You're right!  A couple of days ago DonLisk recommended I mist him more, and mist the substrate too.  Ever since I have started that, he's been back up at the top.

----------


## Treefrognewbie

its only been a couple times. but they always hunt on the ground, since the crickets stay down there.

----------


## Kay

I tried to use as many of your suggestions as possible in the upgraded terrarium.  I added the background, tall snake plants and I covered a PVC pipe with moss.  I also used the fake jungle vine to get towards the top of the terrarium.  Thanks to all for the suggestions!    My new question:  When I clean the tank, do I have to remove everything?  Do I "unplant" the plants and then replant them after I replace the plantation soil?

----------


## Poly

No, unplanting the plants is unnecessary.
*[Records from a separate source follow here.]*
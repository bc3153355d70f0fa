-- ===== src/Admission/Scope.antt =====
-- `in_scope` of crates/cc-ledger/src/v1/authority.rs returns where grants are issued by earlier ones.
use clockchain.Prelude.{
  ℕ, zero, suc, ◌<◌, ◌≡◌, refl, inl, inr, true, false, some, arith, ◌==◌, Bool-cases, Option-cases,
  length, nat_key,
}
use clockchain.Prelude.Table.{lookup, contains_key}
use clockchain.Wire.{Hash}
use clockchain.Ledger.Authority.{Grant, Authority}
use clockchain.Ledger.Derive.{is_none, in_scope, in_scope_loop}
use clockchain.Ledger.Order.{key_held}
use clockchain.Ledger.Totals.{Returns}
use clockchain.Ledger.Places.{place, place_lt, place_below}

-- A number falls from each grant to the grant that issued it.
abbrev pub Falls : Authority → (Hash → ℕ) → Type 0
Falls view rank =
    (g : Hash) (grant : Grant) (i : Hash)
    → lookup g view.grants ≡ some grant
    → grant.issuer ≡ some i
    → (contains_key i view.grants ≡ true) × (rank i < rank g)

module _ (view : Authority) (rank : Hash → ℕ) (falls : Falls view rank) where
  in_scope_loop-Returns :
      (fuel : ℕ) (signed_by g : Hash)
      → contains_key g view.grants ≡ true
      → place rank view.grants (rank g) < fuel
      → Returns (in_scope_loop fuel view.grants signed_by g)
  unfolding in_scope_loop
  in_scope_loop-Returns zero signed_by g known lt = absurd (omega arith)
  in_scope_loop-Returns (suc fuel) signed_by g known lt =
      let (grant, held) = key_held g view.grants known in
      elim (Option-cases grant.issuer) [
        | inl root ↦ (false, rw (held, in_scope_loop) (rw (root, in_scope_loop) refl))
        | inr (i, issuer) ↦ elim (Bool-cases (i == signed_by)) [
          | inl same ↦ (
            true,
            rw (held, in_scope_loop) (rw (issuer, in_scope_loop) (rw (same, in_scope_loop) refl)),
          )
          | inr differ ↦
              let (i_known, below) = falls g grant i held issuer in
              let (by_, i_held) = key_held i view.grants i_known in
              let lower =
                place_lt rank view.grants i by_ (rank i) (rank g) i_held (omega arith) below in
              let (b, eq) =
                in_scope_loop-Returns fuel signed_by i i_known (omega (arith, lower, lt)) in
              (
                b,
                rw (held, in_scope_loop)
                    (rw (issuer, in_scope_loop) (rw (differ, in_scope_loop) eq)),
              )
        ]
      ]

  pub in_scope-Returns :
      (signed_by target : Hash)
      → contains_key target view.grants ≡ true
      → Returns (in_scope view signed_by target)
  unfolding in_scope
  in_scope-Returns signed_by target known =
      let (grant, held) = key_held target view.grants known in
      elim (Bool-cases (signed_by == target)) [
        | inl own ↦ (is_none grant.issuer, rw own (rw held refl))
        | inr other ↦
            let below = place_below rank view.grants target grant held in
            let (b, eq) =
              in_scope_loop-Returns (suc (length view.grants)) signed_by target known
                (omega (arith, below)) in
            (b, rw other eq)
      ]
I have a planted Vivarium for my two american toads, and when I clean it, I just remove all loose objects (rocks, logs, etc.) in your it would be vines, branches, etc. and lightly loosen up the soil around the plants with an old fork, clean any fecal matter I may have missed the previous day (I rarely miss it, as it stinks pretty bad, so it's hard to miss  :Stick Out Tongue: ), clean the glass, then rearrange a few things, and your ready to put everything back in.  :Smile: 

~Royce

----------


## Poly

By the way, your Vivarium looks great! Have you entered it in the "Photo of the month" contest? If not, you should!  :Smile:

----------